## [Work to be completed]
Copy every line of the entries that has the string "empty" in it.

## [Data records]
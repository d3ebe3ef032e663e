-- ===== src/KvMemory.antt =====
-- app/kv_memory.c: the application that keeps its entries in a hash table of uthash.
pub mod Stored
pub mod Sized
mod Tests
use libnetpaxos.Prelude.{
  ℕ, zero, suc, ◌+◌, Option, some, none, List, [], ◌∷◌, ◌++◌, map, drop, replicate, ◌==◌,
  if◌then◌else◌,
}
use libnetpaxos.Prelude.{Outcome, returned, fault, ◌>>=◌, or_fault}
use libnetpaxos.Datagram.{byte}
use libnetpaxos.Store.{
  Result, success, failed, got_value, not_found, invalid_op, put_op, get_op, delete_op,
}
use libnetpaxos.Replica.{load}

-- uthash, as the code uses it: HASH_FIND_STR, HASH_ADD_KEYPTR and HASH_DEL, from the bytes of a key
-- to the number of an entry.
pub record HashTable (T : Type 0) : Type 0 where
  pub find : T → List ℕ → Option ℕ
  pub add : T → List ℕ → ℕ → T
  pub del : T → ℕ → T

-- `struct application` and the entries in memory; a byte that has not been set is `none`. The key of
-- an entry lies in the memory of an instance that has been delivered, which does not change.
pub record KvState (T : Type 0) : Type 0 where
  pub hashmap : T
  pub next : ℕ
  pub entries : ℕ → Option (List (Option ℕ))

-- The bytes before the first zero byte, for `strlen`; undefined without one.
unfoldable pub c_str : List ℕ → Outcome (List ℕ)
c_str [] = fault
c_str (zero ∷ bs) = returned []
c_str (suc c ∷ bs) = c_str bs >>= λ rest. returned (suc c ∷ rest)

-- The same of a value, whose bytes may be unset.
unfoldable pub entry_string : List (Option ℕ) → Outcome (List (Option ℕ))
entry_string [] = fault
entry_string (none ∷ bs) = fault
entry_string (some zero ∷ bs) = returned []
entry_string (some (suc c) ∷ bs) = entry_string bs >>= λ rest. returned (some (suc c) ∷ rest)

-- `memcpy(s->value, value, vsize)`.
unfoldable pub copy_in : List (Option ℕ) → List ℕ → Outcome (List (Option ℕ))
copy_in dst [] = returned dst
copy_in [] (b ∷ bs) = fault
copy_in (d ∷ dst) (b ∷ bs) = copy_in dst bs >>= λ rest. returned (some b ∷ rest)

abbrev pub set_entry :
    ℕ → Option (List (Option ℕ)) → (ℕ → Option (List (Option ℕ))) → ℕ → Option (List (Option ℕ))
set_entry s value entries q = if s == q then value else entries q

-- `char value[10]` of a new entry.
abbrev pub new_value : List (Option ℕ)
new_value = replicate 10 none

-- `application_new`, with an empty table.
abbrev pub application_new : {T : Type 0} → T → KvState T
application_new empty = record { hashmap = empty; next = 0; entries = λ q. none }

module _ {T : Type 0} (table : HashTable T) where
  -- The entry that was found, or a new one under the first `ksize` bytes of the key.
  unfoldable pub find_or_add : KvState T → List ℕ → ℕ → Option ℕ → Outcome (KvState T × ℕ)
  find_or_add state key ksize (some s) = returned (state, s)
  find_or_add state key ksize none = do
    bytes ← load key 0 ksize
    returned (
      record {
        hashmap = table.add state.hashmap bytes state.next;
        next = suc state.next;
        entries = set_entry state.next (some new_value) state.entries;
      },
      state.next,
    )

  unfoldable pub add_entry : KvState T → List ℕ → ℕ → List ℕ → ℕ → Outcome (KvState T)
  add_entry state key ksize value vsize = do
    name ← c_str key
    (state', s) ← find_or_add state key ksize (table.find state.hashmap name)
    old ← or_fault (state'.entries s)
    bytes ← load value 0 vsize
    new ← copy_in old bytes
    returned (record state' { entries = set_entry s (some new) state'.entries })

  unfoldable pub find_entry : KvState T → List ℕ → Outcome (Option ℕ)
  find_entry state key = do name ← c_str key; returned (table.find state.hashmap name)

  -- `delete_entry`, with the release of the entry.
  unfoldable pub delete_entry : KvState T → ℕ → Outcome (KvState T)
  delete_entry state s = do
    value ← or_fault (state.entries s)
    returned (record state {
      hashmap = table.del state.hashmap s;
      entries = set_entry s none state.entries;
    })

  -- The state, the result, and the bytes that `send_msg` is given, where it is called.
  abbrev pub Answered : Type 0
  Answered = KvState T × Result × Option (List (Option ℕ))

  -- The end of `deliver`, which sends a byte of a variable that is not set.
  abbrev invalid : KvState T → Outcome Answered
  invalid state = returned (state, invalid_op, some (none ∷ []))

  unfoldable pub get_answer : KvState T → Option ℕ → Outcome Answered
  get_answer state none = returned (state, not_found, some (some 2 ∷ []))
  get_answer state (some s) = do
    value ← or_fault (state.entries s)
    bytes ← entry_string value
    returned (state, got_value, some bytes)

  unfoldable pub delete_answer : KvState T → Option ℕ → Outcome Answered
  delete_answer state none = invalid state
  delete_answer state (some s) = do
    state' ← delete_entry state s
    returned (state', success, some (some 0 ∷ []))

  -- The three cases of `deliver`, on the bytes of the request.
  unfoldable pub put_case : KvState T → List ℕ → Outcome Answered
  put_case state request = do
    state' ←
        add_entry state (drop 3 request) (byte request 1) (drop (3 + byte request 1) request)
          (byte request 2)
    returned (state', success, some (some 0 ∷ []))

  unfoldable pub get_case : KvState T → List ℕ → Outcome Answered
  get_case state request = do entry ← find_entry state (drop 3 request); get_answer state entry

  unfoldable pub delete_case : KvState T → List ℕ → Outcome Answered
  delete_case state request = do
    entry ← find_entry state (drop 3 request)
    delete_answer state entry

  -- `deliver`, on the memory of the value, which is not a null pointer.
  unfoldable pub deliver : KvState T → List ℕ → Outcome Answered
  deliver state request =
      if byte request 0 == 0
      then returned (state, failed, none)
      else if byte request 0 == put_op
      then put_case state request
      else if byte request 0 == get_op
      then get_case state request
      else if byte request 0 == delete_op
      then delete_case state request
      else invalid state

## [Response to the exercise]
-- `application_new`, with an empty table.
application_new empty = record { hashmap = empty; next = 0; entries = λ q. none }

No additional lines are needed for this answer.